WASHINGTON — Senate Republicans on Wednesday introduced a short-term bill to fund the government through Feb. 8, a deal that would avert a partial government shutdown over the Christmas holiday.
Before the legislation was filed, Senate Majority Leader Mitch McConnell, R-Ky., spoke about the proposal on the Senate floor.
"Later this morning, we’ll introduce a continuing resolution that will ensure continuous funding for the federal government. The measure will provide the resources necessary to continue normal operations through February 8," McConnell said.
That continuing resolution (CR) will not include $5 billion in funding for the border wall that President Donald Trump said was a must in order to have his approval to fund key parts of the federal government before they run out of operating authority on Friday.
Senate Minority Leader Chuck Schumer, D-N.Y., said that Democrats would support the stopgap measure.
“Yesterday, we made some progress. Thankfully, President Trump appears to have backed down from" demanding $5 billion for a border wall," he said.
"Insistence on $5 billion for a wall has been the biggest obstacle for keeping the government open past Friday," he added.
The measure would extend current levels of funding for about a quarter of the government, which includes the Department of Homeland Security and Justice Department, for example. Congress passed 2019-level funding for the rest of the government several months ago.
Both House and Senate Democrats had indicated Tuesday night that they were supportive of a short-term measure through early February, two Democratic sources told NBC News Tuesday night.
Several members of the House Freedom Caucus, however, are planning to urge the president to stand firm on his border wall promise, a spokesperson for the caucus told NBC News. Chairman Mark Meadows, R-N.C., and Rep.
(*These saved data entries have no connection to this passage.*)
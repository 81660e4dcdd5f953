-- ===== src/Proxy/Pick/Rotation.antt =====
-- cmd/proxy/router.go: successive selections from one pool.
use native.Mathlib.Nat.{
  zero-add, add-zero, suc-add, mod-lt, mod-eq_of_lt, mul-add-mod_self_right, div-add-mod',
}
use mathlib.Core.List.{map-append}
use mathlib.Core.Path.{ap₂, ◌≡⟨◌⟩◌, ◌∎}
use proxy_manager.Prelude.{
  ℕ, zero, suc, ◌+◌, ◌-◌, ◌*◌, ◌/◌, ◌%◌, ◌^◌, ◌≤◌, ◌<◌, ◌≡◌, refl, ap, ◌∙◌, sym, List, [], ◌∷◌,
  ◌++◌, map, some, length, get_elem?, take, drop, take-all, length-drop, arith, nat_eq,
}
use proxy_manager.Proxy.Backend.{Backend}
use proxy_manager.Proxy.Group.{RouteGroup}
use proxy_manager.Proxy.Pick.{Pick, chosen, pool_index, index_pool, pick_from}
use proxy_manager.Proxy.Pick.Pool.{pool_index-lt}

-- The results of n selections in a row.
unfoldable pub picks : ℕ → (RouteGroup → Pick × RouteGroup) → RouteGroup → List Pick
picks zero select g = []
picks (suc n) select g = (select g).0 ∷ picks n select (select g).1

after_picks : ℕ → (RouteGroup → Pick × RouteGroup) → RouteGroup → RouteGroup
after_picks zero select g = g
after_picks (suc n) select g = after_picks n select (select g).1

picks-add :
    (m n : ℕ) (select : RouteGroup → Pick × RouteGroup) (g : RouteGroup)
    → picks (m + n) select g ≡ picks m select g ++ picks n select (after_picks m select g)
unfolding picks after_picks
picks-add zero n select g = rw (zero-add)
picks-add (suc m) n select g =
    rw suc-add (ap (◌∷◌ (select g).0) (picks-add m n select (select g).1))

module _ {A : Type 0} where
  drop-get_elem? :
      (xs : List A) (r : ℕ)
      → r < length xs
      → (x : A) × (get_elem? xs r ≡ some x) × (drop r xs ≡ x ∷ drop (suc r) xs)
  drop-get_elem? [] r h = elim h [ ]
  drop-get_elem? (x ∷ xs) zero h = (x, refl, refl)
  drop-get_elem? (x ∷ xs) (suc r) h = drop-get_elem? xs r (omega arith)

next_turn : (c n k q : ℕ) → c ≡ q * n + k → k < n → c + (n - k) ≡ (q + 1) * n + 0
next_turn c n k q e h = omega arith

module _ (b : Backend) (bs : List Backend) where
  abbrev pool : List Backend
  pool = b ∷ bs

  -- One selection at position r of the round.
  pick_from-step :
      (r q : ℕ) (x : Backend) (g : RouteGroup)
      → g.cursor ≡ q * length pool + r
      → r < length pool
      → get_elem? pool r ≡ some x
      → g.cursor < 2 ^ 63
      → pick_from pool g ≡ (chosen x, record g { cursor = g.cursor + 1 })
  unfolding pick_from index_pool
  pick_from-step r q x g e small found early =
      let at : g.cursor % length pool ≡ r =
        rw e (mul-add-mod_self_right q (length pool) r ∙ mod-eq_of_lt small) in
      let index : pool_index g.cursor (length pool) ≡ some r =
        pool_index-lt g.cursor (length pool) early ∙ ap some at in
      let next : (g.cursor + 1) % 2 ^ 64 ≡ g.cursor + 1 = omega arith in
      rw (index, found, index_pool, next) refl

  picks-segment :
      (n r q : ℕ) (g : RouteGroup)
      → g.cursor ≡ q * length pool + r
      → r + n ≤ length pool
      → g.cursor + n ≤ 2 ^ 63
      → (picks n (pick_from pool) g ≡ map chosen (take n (drop r pool)))
        × (after_picks n (pick_from pool) g ≡ record g { cursor = g.cursor + n })
  unfolding picks after_picks
  picks-segment zero r q g e fits early = (refl, rw add-zero refl)
  picks-segment (suc n) r q g e fits early =
      let (x, found, split) = drop-get_elem? pool r (omega arith) in
      let step = pick_from-step r q x g e (omega arith) found (omega arith) in
      let ih =
        picks-segment n (suc r) q (record g { cursor = g.cursor + 1 }) (omega arith) (omega arith)
          (omega arith) in
      let moved : g.cursor + 1 + n ≡ g.cursor + suc n = omega arith in
      (
        rw (step, split) (ap (◌∷◌ (chosen x)) ih.0),
        rw (step, ih.1) (ap (λ (c : ℕ). record g { cursor = c }) moved),
      )

  -- As many selections as the pool is long: the pool, turned to start at the cursor.
  pub picks-round :
      (g : RouteGroup)
      → g.cursor + length pool ≤ 2 ^ 63
      → picks (length pool) (pick_from pool) g
        ≡ map chosen (drop (g.cursor % length pool) pool ++ take (g.cursor % length pool) pool)
  picks-round g early =
      let n = length pool in
      let k = g.cursor % n in
      let q = g.cursor / n in
      let below : k < n = mod-lt g.cursor (omega arith) in
      let start : g.cursor ≡ q * n + k = sym (div-add-mod' g.cursor n) in
      let first = picks-segment (n - k) k q g start (omega arith) (omega arith) in
      let wrapped : g.cursor + (n - k) ≡ (q + 1) * n + 0 = next_turn g.cursor n k q start below in
      let second =
        picks-segment k 0 (q + 1) (record g { cursor = g.cursor + (n - k) }) wrapped (omega arith)
          (omega arith) in
      let split : n ≡ (n - k) + k = omega arith in
      let rest : take (n - k) (drop k pool) ≡ drop k pool =
        take-all (n - k) (drop k pool) (omega (arith, length-drop k pool)) in
      let select = pick_from pool in
      picks n select g
      ≡⟨ ap (λ m. picks m select g) split ⟩ picks ((n - k) + k) select g
      ≡⟨ picks-add (n - k) k select g ⟩
        picks (n - k) select g ++ picks k select (after_picks (n - k) select g)
      ≡⟨ ap₂ ◌++◌ first.0 (ap (picks k select) first.1 ∙ second.0) ⟩
        map chosen (take (n - k) (drop k pool)) ++ map chosen (take k pool)
      ≡⟨ sym (map-append chosen _ _) ⟩ map chosen (take (n - k) (drop k pool) ++ take k pool)
      ≡⟨ ap (λ xs. map chosen (xs ++ take k pool)) rest ⟩ map chosen (drop k pool ++ take k pool) ∎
Jim Jordan, R-Ohio, are among those who plan to speak on the House floor Wednesday evening.
Punting the funding debate to early February could complicate and delay some items on both the House Democratic agenda and the one pushed by Senate Republicans, especially if it triggers another potential shutdown fight.
Originally, Democrats offered two options to Trump and Republicans: A bill with funding for all remaining agencies except the Department of Homeland Security through next September, or a CR for the rest of government that would expire at the end of September.
The White House in recent days has softened its stance and signaled that Trump will not shut down the government over border wall funding, but that doesn't mean he's backing down, both he and officials said.
"We have other ways that we can get to that $5 billion," White House press secretary Sarah Sanders told Fox News on Tuesday. "We don't want to shut down the government, we want to shut down the border from illegal immigration."
One of the floated options would be to reprogram already appropriated funding, but that would require approval from certain committee leaders in Congress. Schumer said Wednesday that Democrats would not allow the reprogramming of funds to build a border wall.
"The House and Senate will not approve a wall from reprogrammed funds or anything else. It won't happen," Schumer said.
Schumer also defended Democrats against the notion that's been promoted by Trump and other Republicans that Democrats don't care about border security.
"Democrats have been perfectly clear — we want smart, effective border security, but that’s not a wall," Schumer said.
White House counselor Kellyanne Conway told Fox News on Wednesday that should Trump approve a short-term government funding package, it "doesn't mean the president is backing down from an essential promise."
And on Twitter Wednesday morning, Trump tweeted: "One way or the other, we will win on the Wall!"
In his remarks Wednesday, McConnell blamed Democrats for the necessity of a stopgap bill.
"There’s no big difference of principle, Mr. President," McConnell said. "There’s just been a shift in the political winds on the far left. This is knee-jerk, partisan opposition to the administration’s reasonable and flexible requests. This is making political obstruction a higher goal than the integrity of our nation’s borders."
Trump was the only major player in the government funding debate who seemed willing to shut down the government over $5 billion in funding for his long-promised wall along the U.S. southern border. While he originally insisted that Mexico would pay for the wall, he now claims Mexico will pay for it through his revamped trade agreement with the nation. The White House has struggled to explain how exactly that would happen.
Meanwhile, lawmakers have now signaled that they think chances of a shutdown are very low, though they expressed frustration with yet another short-term solution.
"I don't know yet from the White House what their plan is on a continuing resolution," Republican Sen. James Lankford of Oklahoma told MSNBC Wednesday morning. "Any shutdown that occurs obviously would be very much smaller than what has been done in the past."
He added that having to "punt" on a larger funding bill until early next year is "exceptionally frustrating."
"We continue to punt, this is not to anybody's surprise," Meadows told reporters earlier this week. "I fail to see where the tactic or the logic is in just punting it down the field."
White House officials told NBC News that Congress needs to pass something to show the administration before they indicate whether the president will support it. Trump will make a decision after seeing the plan, White House deputy press secretary Hogan Gidley said.
It's a strikingly different tone than the one Trump struck during a televised negotiation with House Democratic leader Nancy Pelosi, D-Calif., and Schumer last week. Trump said then that he would be "proud to shut down the government" if he did not receive the wall funding he wanted.